#### Exercise directions:
Among the entries below, only the lines starting at the one with "unfoldable pub listen_click" and ending at the one with "-- Inputs and", both included, are to be printed exactly.

#### Data extracts:
-- ===== src/Docs/Start.antt =====
-- The start of docs/js/full_list.js (`ready`, `escapeShortcut`, `enableLinks`, `enableToggles`,
-- `populateSearchCache` and `enableSearch`), its messages, and the scrolling of `expandTo`. Positions
-- are those in the document; the window shows a part of it.
use oauth.Prelude.{
  ℕ, suc, ◌+◌, ◌-◌, ◌≤◌, ◌≡◌, List, [], ◌∷◌, ◌++◌, Bool, true, false, ◌&&◌, Option, none, some,
  Bytes, codes, bytes_eq, leb, ◌==◌, if◌then◌else◌, map, min, arith,
}
use oauth.Docs.Search.{Entry}
use oauth.Docs.Session.{Session, highlight_lis}

-- An `.item` with its classes, and the text and the title of its `.object_link a`, if it has one.
pub record ItemNode : Type 0 where
  pub link : Option (Bytes × Option Bytes)
  pub found : Bool
  pub has_r1 : Bool
  pub has_r2 : Bool

-- `split(" ")[0]`
unfoldable pub first_word : Bytes → Bytes
first_word [] = []
first_word (c ∷ text) = let rest = first_word text in if c == 32 then [] else c ∷ rest

unfoldable pub new_entry : ItemNode → Bytes → Bytes → Entry
unfolding first_word
new_entry node text title = record {
  name = text;
  full_name = first_word title;
  found = node.found;
  has_r1 = node.has_r1;
  has_r2 = node.has_r2;
  inner_html = text;
}

-- The loop of `populateSearchCache`, which a link without a title ends by a TypeError: whether it has
-- come to the end, and the cache.
unfoldable pub populate_search_cache : List ItemNode → List Entry → Bool × List Entry
unfolding new_entry
populate_search_cache [] cache = (true, cache)
populate_search_cache (node ∷ nodes) cache = elim node.link [
  | none ↦ populate_search_cache nodes cache
  | some (text, none) ↦ (false, cache)
  | some (text, some title) ↦ populate_search_cache nodes (cache ++ new_entry node text title ∷ [])
]

-- What listens to an item or a toggle: to clicks, and to keys.
pub record Listeners : Type 0 where
  pub clicks : ℕ
  pub keys : ℕ

pub record ListPage : Type 0 where
  pub session : Session
  pub nodes : List ItemNode
  -- the LIs that have a row, and the toggles
  pub rows : List Listeners
  pub toggles : List Listeners
  pub has_input : Bool
  pub has_full_list : Bool
  pub input_listeners : ℕ
  pub noresults : ℕ
  pub keydown_listeners : ℕ
  -- whether the document is still loading, and how many callbacks wait for its end
  pub loading : Bool
  pub waiting : ℕ

unfoldable pub escape_shortcut : ListPage → ListPage
escape_shortcut p = record p { keydown_listeners = suc p.keydown_listeners }

-- What the listener of `escapeShortcut` posts to the page.
unfoldable pub on_keydown : Bytes → Option Bytes
on_keydown key = if bytes_eq key (codes "Escape") then some (codes "navEscape") else none

unfoldable pub listen_click : Listeners → Listeners
listen_click l = record l { clicks = suc l.clicks }

unfoldable pub enable_links : ListPage → ListPage
unfolding listen_click
enable_links p = record p { rows = map listen_click p.rows }

unfoldable pub listen_both : Listeners → Listeners
listen_both l = record { clicks = suc l.clicks; keys = suc l.keys }

unfoldable pub enable_toggles : ListPage → ListPage
unfolding listen_both
enable_toggles p = record p { toggles = map listen_both p.toggles }

-- Inputs and changes are listened to, and the place of the results is put behind the list.
unfoldable pub enable_search : ListPage → ListPage
enable_search p =
    if p.has_input && p.has_full_list
    then record p { input_listeners = p.input_listeners + 2; noresults = suc p.noresults }
    else p

-- The end of the callback, behind `populateSearchCache`.
unfoldable pub finish_start : ListPage → Bool × List Entry → ListPage
unfolding enable_search highlight_lis
finish_start p (false, cache) = record p { session = record p.session { cache = cache } }
finish_start p (true, cache) =
    let searched = enable_search p in
    record searched {
      session = record p.session { cache = cache; lis = highlight_lis p.session.lis };
    }

-- The callback that the script gives to `ready`.
unfoldable pub start_list : ListPage → ListPage
unfolding escape_shortcut enable_links enable_toggles populate_search_cache finish_start
start_list p =
    let enabled = enable_toggles (enable_links (escape_shortcut p)) in
    finish_start enabled (populate_search_cache enabled.nodes enabled.session.cache)

-- `ready`, of that callback
unfoldable pub ready_list : ListPage → ListPage
unfolding start_list
ready_list p = if p.loading then record p { waiting = suc p.waiting } else start_list p

-- `windowEvents`: the path that `expandTo` is called with.
unfoldable pub window_events : Bytes → Bytes → Option Bytes
window_events action path = if bytes_eq action (codes "expand") then some path else none

-- What the window shows, and how far down it can be scrolled.
pub record View : Type 0 where
  pub x : ℕ
  pub y : ℕ
  pub height : ℕ
  pub max_y : ℕ

pub record Place : Type 0 where
  pub left : ℕ
  pub top : ℕ
  pub bottom : ℕ

-- `isInView`: `rect.left >= 0 && rect.bottom <= windowHeight`
unfoldable pub is_in_view : View → Place → Bool
is_in_view v e = leb v.x e.left && leb e.bottom (v.y + v.height)

-- `window.scrollTo`, where `expandTo` calls it; no window is scrolled above the document or too far.
unfoldable pub scroll_expanded : View → Place → View
unfolding is_in_view
scroll_expanded v e = if is_in_view v e then v else record v { y = min v.max_y (e.top - 250) }

-- A target that lies below what is shown is shown as a whole afterwards, if it lies in the document
-- and is 250 pixels less high than the window.
pub scroll_expanded-below :
    (v : View) (e : Place)
    → is_in_view v e ≡ false
    → e.top ≤ e.bottom
    → (e.bottom - e.top) + 250 ≤ v.height
    → e.bottom ≤ v.max_y + v.height
    → ((scroll_expanded v e).y ≤ e.top)
      × (e.bottom ≤ (scroll_expanded v e).y + (scroll_expanded v e).height)
unfolding scroll_expanded
scroll_expanded-below v e outside ordered small within = rw outside (omega arith, omega arith)
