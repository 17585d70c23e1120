-- ===== src/Docs/Summary.antt =====
-- The summaries of docs/js/app.js: `toggleSummaryCollection` and `summaryToggle`. A toggle is
-- modelled with the lists that follow its container; what a compact copy holds is left out here.
pub mod Reload
pub mod Nodes
pub mod Both
pub mod Shortened
use oauth.Prelude.{
  ℕ, List, [], ◌∷◌, Bool, true, false, not, Option, none, some, Bytes, codes, bytes_eq,
  if◌then◌else◌, map, get_elem?,
}

-- The lists that `firstNextMatchingSibling` finds, with what `isVisible` says of them: none, a full
-- one, or a compact copy before it.
pub data Lists : Type 0 where
  no_list : Lists
  full_only : Bool → Lists
  compact_and_full : Bool → Bool → Lists

pub record Toggle : Type 0 where
  pub text_content : Bytes
  pub lists : Lists

-- The toggles of the page, and `localStorage.summaryCollapsed`.
pub record Summaries : Type 0 where
  pub toggles : List Toggle
  pub summary_collapsed : Option Bytes

unfoldable pub next_text : Bytes → Bytes
unfolding bytes_eq
next_text text = if bytes_eq text (codes "collapse") then codes "expand" else codes "collapse"

-- The copy is visible like the list that it is made from, which is hidden then.
unfoldable pub next_lists : Lists → Lists
next_lists no_list = no_list
next_lists (full_only shown) = compact_and_full shown false
next_lists (compact_and_full compact full) = compact_and_full (not compact) (not full)

-- The loop over all toggles.
unfoldable pub flip_toggle : Toggle → Toggle
unfolding next_text next_lists
flip_toggle t = record { text_content = next_text t.text_content; lists = next_lists t.lists }

click_found : Option Toggle → Summaries → Summaries
click_found none s = s
click_found (some t) s = record {
  toggles = map flip_toggle s.toggles;
  summary_collapsed = some t.text_content;
}

-- A click on the toggle at an index.
unfoldable pub click_toggle : ℕ → Summaries → Summaries
unfolding click_found flip_toggle
click_toggle i s = click_found (get_elem? s.toggles i) s

unfoldable pub is_collapse : Option Bytes → Bool
unfolding bytes_eq
is_collapse none = false
is_collapse (some text) = bytes_eq text (codes "collapse")

-- `summaryToggle`, and `constantSummaryToggle` for the constants
unfoldable pub summary_toggle : Summaries → Summaries
unfolding is_collapse
summary_toggle s =
    if is_collapse s.summary_collapsed
    then click_toggle 0 s
    else record s { summary_collapsed = some (codes "expand") }

-- The listener of `linkSummaries`: the address after a click on a signature, with the `href` of its
-- first link; a click on a link is left to the browser.
unfoldable pub click_signature : Bool → Option Bytes → Bytes → Bytes
click_signature true link location = location
click_signature false none location = location
click_signature false (some href) location = href
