-- ===== src/Cli/Flags.antt =====
-- crates/kiry/src/main.rs, `settings`, `filters` and `filtered`: the settings of a package, and what its recipe
-- takes out of the compiler's flags.
use kiry.Base.{
  ℕ, ◌+◌, List, [], ◌∷◌, ◌++◌, map, Bool, true, false, not, ◌||◌, Option, none, some, ◌==◌, nat_eq,
  list_eq, is_empty, any, contains, keep, if◌then◌else◌, Result, ok, err, ◌>>=◌,
}
use kiry.Base.Text.{
  Str, codes, slash, hash_sign, is_whitespace, split_whitespace, lines, trim, starts_with, cut_from,
}
use kiry.Error.{IoError, not_found, other}
use kiry.Disk.{Disk, path_join, read_to_string}

-- A setting with the file that it is from.
pub record Setting : Type 0 where
  pub from : Str
  pub key : Str
  pub value : Str

pub data FlagError : Type 0 where
  unread : Str → IoError → FlagError
  not_a_setting not_a_verb : Str → ℕ → Str → FlagError
  two_flags : Str → Str → FlagError

-- `split_once(char::is_whitespace)`, or the line with nothing behind it.
unfoldable pub key_value : Str → Str × Str
key_value [] = ([], [])
key_value (c ∷ s) = let (k, v) = key_value s in if is_whitespace c then ([], s) else (c ∷ k, v)

-- A line without its comment.
unfoldable pub uncommented : Str → Str
unfolding cut_from trim
uncommented l = trim (elim (cut_from hash_sign l []) [ none ↦ l | some (before, behind) ↦ before ])

-- The rows of a file from line `n` on, each with a key that is known.
module _ (known : Str → Bool) (refuse : ℕ → Str → FlagError) (from : Str) where
  unfoldable pub row : ℕ → Str × Str → Result FlagError Setting
  row n (k, v) =
      if known k then ok (record { from = from; key = k; value = trim v }) else err (refuse n k)

  unfoldable pub rows : ℕ → List Str → Result FlagError (List Setting)
  unfolding row uncommented key_value
  rows n [] = ok []
  rows n (l ∷ ls) =
      let rest = rows (n + 1) ls in
      elim (is_empty (uncommented l)) [
        | true ↦ rest
        | false ↦ do s ← row n (key_value (uncommented l)); more ← rest; ok (s ∷ more)
      ]

-- A file that is not there has no rows.
unfoldable pub rows_of :
    (Str → Bool)
    → (ℕ → Str → FlagError)
    → Str
    → Str
    → Result IoError Str
    → Result FlagError (List Setting)
unfolding rows lines
rows_of known refuse from at (ok t) = rows known refuse from 1 (lines t)
rows_of known refuse from at (err not_found) = ok []
rows_of known refuse from at (err (other n)) = err (unread at (other n))

-- The names of `KNOBS`.
abbrev pub knobs : List Str
knobs = codes "OPT" ∷ codes "CFLAGS_MARCH" ∷ codes "LTO" ∷ codes "KIRY_THINLTO_JOBS" ∷ []

unfoldable pub is_known : Str → Bool
unfolding starts_with
is_known k =
    k == codes "flags"
    || starts_with k (codes "KIRY_")
    || contains (codes "CFLAGS" ∷ codes "CXXFLAGS" ∷ codes "LDFLAGS" ∷ codes "RUSTFLAGS" ∷ []) k
    || contains knobs k

unfoldable pub settings_in : Disk → Str → Str → Result FlagError (List Setting)
unfolding rows_of is_known path_join read_to_string
settings_in d root f =
    rows_of is_known (not_a_setting (slash ∷ f)) (slash ∷ f) (path_join root f)
      (read_to_string d (path_join root f))

-- `settings`: the machine's, then those of the package.
unfoldable pub settings : Disk → Str → Str → Result FlagError (List Setting)
unfolding settings_in path_join
settings d root name = do
  global ← settings_in d root (codes "etc/kiry/config")
  mine ← settings_in d root (path_join (codes "etc/kiry/pkg") name)
  ok (global ++ mine)

-- `VERBS`
abbrev pub verbs : List Str
verbs =
    codes "filter-lto"
    ∷ codes "filter-flags"
    ∷ codes "filter-ldflags"
    ∷ codes "strip-flags"
    ∷ codes "append-flags"
    ∷ codes "replace-flags"
    ∷ []

-- `KEPT_FLAGS`
abbrev pub kept_flags : List Str
kept_flags =
    codes "-O"
    ∷ codes "-march="
    ∷ codes "-mtune="
    ∷ codes "-mcpu="
    ∷ codes "-pipe"
    ∷ codes "-g"
    ∷ []

-- `strip_suffix('*')`
unfoldable pub star_off : Str → Option Str
star_off [] = none
star_off (c ∷ []) = if c == b'*' then some [] else none
star_off (c ∷ d ∷ s) = elim (star_off (d ∷ s)) [ none ↦ none | some p ↦ some (c ∷ p) ]

-- One trailing star and nothing else.
unfoldable pub like : Str → Str → Bool
unfolding star_off starts_with
like pat s = elim (star_off pat) [ some p ↦ starts_with s p | none ↦ s == pat ]

unfoldable pub filters : Disk → Str → Result FlagError (List Setting)
unfolding rows_of path_join read_to_string
filters d dir =
    let at = path_join dir (codes "filter") in
    rows_of (contains verbs) (not_a_verb at) at at (read_to_string d at)

-- The flags of the C compiler, of the C++ compiler and of the linker.
pub record Flags : Type 0 where
  pub c : List Str
  pub cxx : List Str
  pub ld : List Str

unfoldable pub is_lto : Str → Bool
unfolding starts_with
is_lto f = starts_with f (codes "-flto") || starts_with f (codes "-Wl,--thinlto-jobs")

-- One verb with its arguments. A verb that is none of the list does not come here.
unfoldable pub filter_by : Setting → List Str → Flags → Result FlagError Flags
unfolding is_lto like starts_with
filter_by s args l =
    let drop_like : List Str → List Str = keep (λ f. not (any (λ p. like p f) args)) in
    let strip : List Str → List Str = keep (λ f. any (starts_with f) kept_flags) in
    if s.key == codes "filter-lto"
    then ok (record {
      c = keep (λ f. not (is_lto f)) l.c;
      cxx = keep (λ f. not (is_lto f)) l.cxx;
      ld = keep (λ f. not (is_lto f)) l.ld;
    })
    else if s.key == codes "filter-flags"
    then ok (record { c = drop_like l.c; cxx = drop_like l.cxx; ld = l.ld })
    else if s.key == codes "filter-ldflags"
    then ok (record { c = l.c; cxx = l.cxx; ld = drop_like l.ld })
    else if s.key == codes "strip-flags"
    then ok (record { c = strip l.c; cxx = strip l.cxx; ld = l.ld })
    else if s.key == codes "append-flags"
    then ok (record { c = l.c ++ args; cxx = l.cxx ++ args; ld = l.ld })
    else replaced args
  where
    -- `replace-flags`
    replaced : List Str → Result FlagError Flags
    replaced (was ∷ now ∷ []) =
        let swap : List Str → List Str = map (λ f. if like was f then now else f) in
        ok (record { c = swap l.c; cxx = swap l.cxx; ld = l.ld })
    replaced [] = err (two_flags s.from s.value)
    replaced (a ∷ []) = err (two_flags s.from s.value)
    replaced (a ∷ b ∷ e ∷ more) = err (two_flags s.from s.value)

-- `filtered`
unfoldable pub filtered : List Setting → Flags → Result FlagError Flags
unfolding filter_by split_whitespace
filtered [] l = ok l
filtered (s ∷ ss) l = filter_by s (split_whitespace s.value) l >>= filtered ss
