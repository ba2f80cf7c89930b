-- ===== src/Cli/Failures/Written.antt =====
-- The lines of the text that `write_fix` of crates/kiry/src/main.rs writes.
use kiry.Base.{
  ◌≡◌, refl, ◌∙◌, ap, subst, inl, inr, List, [], ◌∷◌, ◌++◌, Bool, true, false, ◌||◌, none, some,
  ◌==◌, nat_eq, list_eq, is_empty, if◌then◌else◌, append_assoc, append-nil, arith, Bool-cases,
  Option-cases,
}
use kiry.Base.Text.{
  Str, codes, newline, hash_sign, has, lines, lines_from, strip_cr, join, ends_with,
}
use kiry.Base.Text.Split.{Lacks, has-append}
use kiry.Base.Text.Lines.{lines-unlines, lines_from-append}
use kiry.Cli.Failures.{Fix, phase_of, phase_from, phase}
use kiry.Cli.Failures.Notes.{origin, body}
use kiry.Cli.Failures.Once.{IsSetting}

-- What stands behind a newline starts a line.
lines_from-whole :
    (s t cur : Str)
    → ends_with s (newline ∷ []) ≡ true
    → lines_from (s ++ t) cur ≡ lines_from s cur ++ lines_from t []
unfolding lines_from ends_with
lines_from-whole [] t cur h = absurd (cc h)
lines_from-whole (c ∷ []) t cur h =
    let e : (c == newline) ≡ true = ground arith in rw (e, lines_from) refl
lines_from-whole (c ∷ d ∷ s) t cur h =
    let h' : ends_with (d ∷ s) (newline ∷ []) ≡ true = ground arith in
    elim (Bool-cases (c == newline)) [
      | inl e ↦ rw (e, lines_from) (ap (λ ls. strip_cr cur ∷ ls) (lines_from-whole (d ∷ s) t [] h'))
      | inr e ↦ rw (e, lines_from) (lines_from-whole (d ∷ s) t (cur ++ c ∷ []) h')
    ]

-- A text that is empty or ends in a newline.
abbrev pub IsWhole : Str → Type 0
IsWhole s = (is_empty s || ends_with s (newline ∷ [])) ≡ true

lines-whole : (s t : Str) → IsWhole s → lines (s ++ t) ≡ lines s ++ lines t
unfolding lines
lines-whole [] t h = refl
lines-whole (c ∷ s) t h = lines_from-whole (c ∷ s) t [] h

one_of :
    (a b c : Bool) (q : Str)
    → (if a
        then some (codes "configure")
        else if b
        then some (codes "link")
        else if c
        then some (codes "check")
        else none)
      ≡ some q
    → Lacks newline q
unfolding has
one_of true b c q e = let same : codes "configure" ≡ q = cc e in subst (Lacks newline) same refl
one_of false true c q e = let same : codes "link" ≡ q = cc e in subst (Lacks newline) same refl
one_of false false true q e = let same : codes "check" ≡ q = cc e in subst (Lacks newline) same refl
one_of false false false q e = absurd (cc e)

phase_of-Lacks : (l q : Str) → phase_of l ≡ some q → Lacks newline q
unfolding phase_of
phase_of-Lacks l q e = one_of _ _ _ q e

phase_from-Lacks :
    (ls : List Str) (seen : Str) → Lacks newline seen → Lacks newline (phase_from seen ls)
unfolding phase_from
phase_from-Lacks [] seen h = h
phase_from-Lacks (l ∷ ls) seen h = elim (Option-cases (phase_of l)) [
  | inl e ↦ rw (e, phase_from) (phase_from-Lacks ls seen h)
  | inr (q, e) ↦ rw (e, phase_from) (phase_from-Lacks ls q (phase_of-Lacks l q e))
]

phase-Lacks : (log : Str) → Lacks newline (phase log)
unfolding phase has
phase-Lacks log = phase_from-Lacks (lines log) (codes "compile") refl

-- The two lines of comment.
abbrev pub first : Str → Str → Fix → Str
first day seen f =
    hash_sign ∷ b' ' ∷ (day ++ (codes " " ++ (seen ++ (codes " failed, " ++ f.rule))))

abbrev pub second : Fix → Str
second f = hash_sign ∷ (codes "   " ++ f.line)

origin-lines :
    (day seen : Str) (f : Fix) → origin day seen f ≡ first day seen f ++ newline ∷ second f
unfolding origin join
origin-lines day seen f = simp append_assoc

-- What a fix says of itself is on one line each.
pub record IsPlain (day : Str) (f : Fix) : Type 0 where
  pub day_line : Lacks newline day
  pub rule_line : Lacks newline f.rule
  pub line_line : Lacks newline f.line

first-Lacks :
    (day seen : Str) (f : Fix)
    → IsPlain day f
    → Lacks newline seen
    → Lacks newline (first day seen f)
unfolding has
first-Lacks day seen f is h =
    let a = has-append newline (codes " failed, ") f.rule refl is.rule_line in
    let b = has-append newline seen (codes " failed, " ++ f.rule) h a in
    let c = has-append newline (codes " ") (seen ++ (codes " failed, " ++ f.rule)) refl b in
    let e =
      has-append newline day (codes " " ++ (seen ++ (codes " failed, " ++ f.rule))) is.day_line c in
    ground (arith, e)

second-Lacks : (day : Str) (f : Fix) → IsPlain day f → Lacks newline (second f)
unfolding has
second-Lacks day f is =
    let e = has-append newline (codes "   ") f.line refl is.line_line in ground (arith, e)

comment-lines :
    (day log : Str) (f : Fix) (line : Str)
    → IsPlain day f
    → IsSetting line
    → lines (origin day (phase log) f ++ newline ∷ (line ++ newline ∷ []))
      ≡ strip_cr (first day (phase log) f) ∷ strip_cr (second f) ∷ line ∷ []
unfolding lines
comment-lines day log f line plain is =
    ap (λ t. lines (t ++ newline ∷ (line ++ newline ∷ []))) (origin-lines day (phase log) f)
    ∙ ap lines (
        append_assoc (first day (phase log) f) (newline ∷ second f)
          (newline ∷ (line ++ newline ∷ [])))
    ∙ lines_from-append (first day (phase log) f) (second f ++ newline ∷ (line ++ newline ∷ [])) []
        (first-Lacks day (phase log) f plain (phase-Lacks log))
    ∙ ap (λ ls. strip_cr (first day (phase log) f) ∷ ls)
        (lines_from-append (second f) (line ++ newline ∷ []) [] (second-Lacks day f plain)
          ∙ ap (λ ls. strip_cr (second f) ∷ ls) (lines-unlines (line ∷ []) (is.line, tt)))

pub body-lines :
    (had day log : Str) (f : Fix) (line : Str)
    → IsWhole had
    → IsPlain day f
    → IsSetting line
    → lines (body had day (phase log) f line)
      ≡ lines had ++ strip_cr (first day (phase log) f) ∷ strip_cr (second f) ∷ line ∷ []
unfolding body
body-lines had day log f line whole plain is =
    rw (whole, append-nil)
      (lines-whole had (origin day (phase log) f ++ newline ∷ (line ++ newline ∷ [])) whole
        ∙ ap (λ ls. lines had ++ ls) (comment-lines day log f line plain is))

#### Answer below:
unfoldable pub listen_click : Listeners → Listeners
listen_click l = record l { clicks = suc l.clicks }

unfoldable pub enable_links : ListPage → ListPage
unfolding listen_click
enable_links p = record p { rows = map listen_click p.rows }

unfoldable pub listen_both : Listeners → Listeners
listen_both l = record { clicks = suc l.clicks; keys = suc l.keys }

unfoldable pub enable_toggles : ListPage → ListPage
unfolding listen_both
enable_toggles p = record p { toggles = map listen_both p.toggles }

-- Inputs and changes are listened to, and the place of the results is put behind the list.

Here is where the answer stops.